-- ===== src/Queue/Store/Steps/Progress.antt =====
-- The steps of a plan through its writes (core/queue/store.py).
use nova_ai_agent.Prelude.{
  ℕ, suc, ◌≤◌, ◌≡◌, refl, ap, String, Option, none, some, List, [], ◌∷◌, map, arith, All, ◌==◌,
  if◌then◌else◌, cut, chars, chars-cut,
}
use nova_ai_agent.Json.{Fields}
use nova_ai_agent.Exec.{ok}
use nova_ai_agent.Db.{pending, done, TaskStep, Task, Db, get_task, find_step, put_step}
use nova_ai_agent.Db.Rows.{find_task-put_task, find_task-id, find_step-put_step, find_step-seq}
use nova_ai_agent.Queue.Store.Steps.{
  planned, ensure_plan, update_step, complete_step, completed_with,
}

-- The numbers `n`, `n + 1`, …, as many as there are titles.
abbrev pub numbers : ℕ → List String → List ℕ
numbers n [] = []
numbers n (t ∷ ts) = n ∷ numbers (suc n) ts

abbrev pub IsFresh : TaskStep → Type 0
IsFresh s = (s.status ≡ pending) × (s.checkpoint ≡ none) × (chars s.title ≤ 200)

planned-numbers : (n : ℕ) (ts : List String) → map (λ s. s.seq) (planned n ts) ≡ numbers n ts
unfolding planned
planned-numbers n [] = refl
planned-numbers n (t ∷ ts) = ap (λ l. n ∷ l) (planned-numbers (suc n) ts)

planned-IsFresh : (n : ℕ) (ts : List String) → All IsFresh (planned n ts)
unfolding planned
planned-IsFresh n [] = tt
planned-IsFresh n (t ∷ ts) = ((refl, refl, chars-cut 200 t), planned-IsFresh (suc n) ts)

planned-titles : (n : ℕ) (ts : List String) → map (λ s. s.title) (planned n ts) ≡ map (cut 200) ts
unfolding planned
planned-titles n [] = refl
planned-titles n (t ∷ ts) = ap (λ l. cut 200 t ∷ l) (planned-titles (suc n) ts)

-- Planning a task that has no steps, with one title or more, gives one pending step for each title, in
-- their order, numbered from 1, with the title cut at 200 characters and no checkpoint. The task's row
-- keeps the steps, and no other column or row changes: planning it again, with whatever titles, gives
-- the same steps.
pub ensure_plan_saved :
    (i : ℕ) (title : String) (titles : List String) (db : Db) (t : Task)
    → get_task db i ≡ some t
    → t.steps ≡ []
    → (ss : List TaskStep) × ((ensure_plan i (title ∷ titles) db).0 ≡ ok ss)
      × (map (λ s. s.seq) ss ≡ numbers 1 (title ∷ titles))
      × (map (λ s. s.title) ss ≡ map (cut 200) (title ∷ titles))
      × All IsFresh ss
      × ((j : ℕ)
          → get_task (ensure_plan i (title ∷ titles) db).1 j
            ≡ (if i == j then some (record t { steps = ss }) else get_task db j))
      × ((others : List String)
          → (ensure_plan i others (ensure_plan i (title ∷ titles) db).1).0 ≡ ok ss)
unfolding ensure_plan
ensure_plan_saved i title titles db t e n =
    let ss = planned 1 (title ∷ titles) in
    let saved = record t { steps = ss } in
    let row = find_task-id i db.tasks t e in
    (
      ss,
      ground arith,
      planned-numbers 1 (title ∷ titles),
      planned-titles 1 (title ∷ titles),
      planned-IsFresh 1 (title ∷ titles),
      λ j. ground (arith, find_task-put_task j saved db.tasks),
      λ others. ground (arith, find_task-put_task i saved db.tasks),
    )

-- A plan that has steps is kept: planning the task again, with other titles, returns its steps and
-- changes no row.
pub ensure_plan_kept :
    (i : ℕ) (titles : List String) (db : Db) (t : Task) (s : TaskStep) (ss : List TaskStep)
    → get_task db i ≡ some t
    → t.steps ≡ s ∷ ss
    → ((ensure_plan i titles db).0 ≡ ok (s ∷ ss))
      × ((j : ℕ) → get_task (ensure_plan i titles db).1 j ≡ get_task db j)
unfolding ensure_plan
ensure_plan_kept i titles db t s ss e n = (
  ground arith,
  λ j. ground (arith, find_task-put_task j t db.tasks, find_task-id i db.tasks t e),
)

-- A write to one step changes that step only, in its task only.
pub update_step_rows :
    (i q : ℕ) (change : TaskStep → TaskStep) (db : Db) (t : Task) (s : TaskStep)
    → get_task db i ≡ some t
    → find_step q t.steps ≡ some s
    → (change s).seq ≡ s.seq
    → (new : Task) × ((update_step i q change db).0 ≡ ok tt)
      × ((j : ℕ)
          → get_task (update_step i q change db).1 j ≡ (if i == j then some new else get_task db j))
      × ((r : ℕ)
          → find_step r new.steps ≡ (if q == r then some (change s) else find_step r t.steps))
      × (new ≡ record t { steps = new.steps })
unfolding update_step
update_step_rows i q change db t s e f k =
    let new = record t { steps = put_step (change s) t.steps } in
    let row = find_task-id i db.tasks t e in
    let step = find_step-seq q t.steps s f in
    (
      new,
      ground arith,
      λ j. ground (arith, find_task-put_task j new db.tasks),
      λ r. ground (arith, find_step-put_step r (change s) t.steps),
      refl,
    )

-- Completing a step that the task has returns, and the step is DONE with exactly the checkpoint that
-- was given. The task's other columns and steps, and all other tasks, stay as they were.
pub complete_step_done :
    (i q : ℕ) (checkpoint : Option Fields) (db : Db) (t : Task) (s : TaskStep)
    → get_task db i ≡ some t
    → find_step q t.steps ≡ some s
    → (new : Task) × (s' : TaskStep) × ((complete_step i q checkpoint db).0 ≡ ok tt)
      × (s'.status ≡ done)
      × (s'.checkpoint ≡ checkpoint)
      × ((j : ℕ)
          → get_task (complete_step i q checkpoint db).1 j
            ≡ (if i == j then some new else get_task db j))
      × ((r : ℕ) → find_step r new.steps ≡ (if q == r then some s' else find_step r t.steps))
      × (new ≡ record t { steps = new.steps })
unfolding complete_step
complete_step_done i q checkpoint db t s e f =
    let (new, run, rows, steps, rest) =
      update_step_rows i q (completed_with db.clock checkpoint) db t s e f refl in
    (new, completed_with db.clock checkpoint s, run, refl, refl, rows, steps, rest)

- - -

Say, as a bare number, how many lines in the entries above include the string "status".

2